Question : In the reducer, the MapReduce API provides you with an iterator over Writable values. What does calling the next () method return?
1. It returns a reference to a different Writable object time. 2. It returns a reference to a Writable object from an object pool. 3. Access Mostly Uused Products by 50000+ Subscribers 4. It returns a reference to a Writable object. The API leaves unspecified whether this is a reused object or a new object. 5. It returns a reference to the same Writable object if the next value is the same as the previous value, or a new Writable object otherwise.
Correct Answer : Get Lastest Questions and Answer : Explanation: Calling Iterator.next() will always return the SAME EXACT instance of IntWritable, with the contents of that instance replaced with the next value
Question : MapReduce v (MRv/YARN) splits which major functions of the JobTracker into separate daemons? Select two. A. Heath states checks (heartbeats) B. Resource management C. Job scheduling/monitoring D. Job coordination between the ResourceManager and NodeManager E. Launching tasks F. Managing file system metadata G. MapReduce metric reporting H. Managing tasks 1. B,C 2. A,D 3. Access Mostly Uused Products by 50000+ Subscribers 4. C,H 5. B,G
Correct Answer : Get Lastest Questions and Answer : Explanation: The fundamental idea of MRv2 is to split up the two major functionalities of the JobTracker, resource management and job scheduling/monitoring, into separate daemons. The idea is to have a global ResourceManager (RM) and per-application ApplicationMaster (AM). An application is either a single job in the classical sense of Map- Reduce jobs or a DAG of jobs.

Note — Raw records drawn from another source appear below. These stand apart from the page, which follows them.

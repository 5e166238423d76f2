-- ===== src/Mapping/Registries.antt =====
-- internal/domain/mapping/model.go: `validateRegistryMappings`.
use k8s_migration.Base.{
  String, Bool, not, ◌||◌, List, [], ◌∷◌, str_eq, ◌+++◌, has_prefix, trim_slash, Result, ok,
  failure, require, ◌>>◌,
}
use k8s_migration.Mapping.Model.{KeyValue}

unfoldable pub prefix_overlaps : String → String → Bool
prefix_overlaps first second =
    let a = trim_slash first in
    let b = trim_slash second in
    str_eq a b || (has_prefix a (b +++ "/") || has_prefix b (a +++ "/"))

-- The inner loop: a pair against those behind it.
unfoldable pub validate_against : KeyValue → List KeyValue → Result (Unit {0})
validate_against value [] = ok tt
validate_against value (other ∷ others) =
    let rest = validate_against value others in
    do
      require (not (prefix_overlaps value.source other.source))
          (failure "registry source prefixes overlap")
      require (not (str_eq value.target other.target))
          (failure "registry mappings collide on target prefix")
      rest

unfoldable pub validate_registries : List KeyValue → Result (Unit {0})
unfolding validate_against
validate_registries [] = ok tt
validate_registries (value ∷ values) =
    let rest = validate_registries values in do validate_against value values; rest
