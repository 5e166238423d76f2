-- ===== src/Mapping/Nfs.antt =====
-- internal/domain/mapping/model.go: `validateNFS`.
use k8s_migration.Base.{
  String, Bool, true, not, ◌&&◌, ◌||◌, List, [], ◌∷◌, str_eq, ◌+++◌, trim_space, has_prefix, any,
  Result, ok, failure, require, ◌>>=◌, ◌>>◌,
}

pub record NfsMapping : Type 0 where
  pub source_server : String
  pub source_export : String
  pub target_server : String
  pub target_export : String
  pub target_storage_class : String

abbrev trimmed : NfsMapping → NfsMapping
trimmed m = record {
  source_server = trim_space m.source_server;
  source_export = trim_space m.source_export;
  target_server = trim_space m.target_server;
  target_export = trim_space m.target_export;
  target_storage_class = trim_space m.target_storage_class;
}

-- A server and an export as one text.
abbrev pub source_key : NfsMapping → String
source_key m = m.source_server +++ "\0" +++ m.source_export

abbrev pub target_key : NfsMapping → String
target_key m = m.target_server +++ "\0" +++ m.target_export

abbrev pub same_source : NfsMapping → NfsMapping → Bool
same_source a b = str_eq (source_key a) (source_key b)

abbrev pub same_target : NfsMapping → NfsMapping → Bool
same_target a b = str_eq (target_key a) (target_key b)

abbrev pub is_complete : NfsMapping → Bool
is_complete m = not (
    str_eq m.source_server ""
    || (str_eq m.source_export ""
        || (str_eq m.target_server ""
            || (str_eq m.target_export "" || str_eq m.target_storage_class ""))))

abbrev pub is_known : List String → String → Bool
is_known [] name = true
is_known (c ∷ cs) name = any (λ n. str_eq n name) (c ∷ cs)

-- `seen` has the mappings before. Their sources differ from that of the next one, so that any
-- target which is there belongs to another source.
unfoldable pub validate_nfs :
    List String → List NfsMapping → List NfsMapping → Result (List NfsMapping)
validate_nfs classes seen [] = ok []
validate_nfs classes seen (m ∷ ms) =
    let item = trimmed m in
    let rest = validate_nfs classes (item ∷ seen) ms in
    do
      require (is_complete item) (failure "NFS source, target and target StorageClass are required")
      require (has_prefix item.source_export "/" && has_prefix item.target_export "/")
          (failure "NFS exports must be absolute paths")
      require (not (any (same_source item) seen)) (failure "duplicate NFS source")
      require (not (any (same_target item) seen)) (failure "NFS sources collide on target")
      require (is_known classes item.target_storage_class)
          (failure "target storage was not discovered")
      items ← rest
      ok (item ∷ items)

The central goal of YARN is to clearly separate two things that are unfortunately smushed together in current Hadoop, specifically in (mainly) JobTracker: / Monitoring the status of the cluster with respect to which nodes have which resources available. Under YARN, this will be global. / Managing the parallelization execution of any specific job. Under YARN, this will be done separately for each job.
Question : For each input key-value pair, mappers can emit: 1. As many intermediate key-value pairs as designed. There are no restrictions on the types of those key-value pairs (i.e., they can be heterogeneous). 2. As many intermediate key-value pairs as designed, but they cannot be of the same type as the input key-value pair. 3. Access Mostly Uused Products by 50000+ Subscribers 4. One intermediate key-value pair, but of the same type. 5. As many intermediate key-value pairs as designed, as long as all the keys have the same types and all the values have the same type.
Correct Answer : Get Lastest Questions and Answer : Explanation: Mapper maps input key/value pairs to a set of intermediate key/value pairs. Maps are the individual tasks that transform input records into intermediate records. The transformed intermediate records do not need to be of the same type as the input records. A given input pair may map to zero or many output pairs.
1. Map files are stored on the namenode and capture the metadata for all blocks on a particular rack. This is how Hadoop is "rack aware" 2. Map files are the files that show how the data is distributed in the Hadoop cluster. 3. Access Mostly Uused Products by 50000+ Subscribers 4. Map files are sorted sequence files that also have an index. The index allows fast data look up.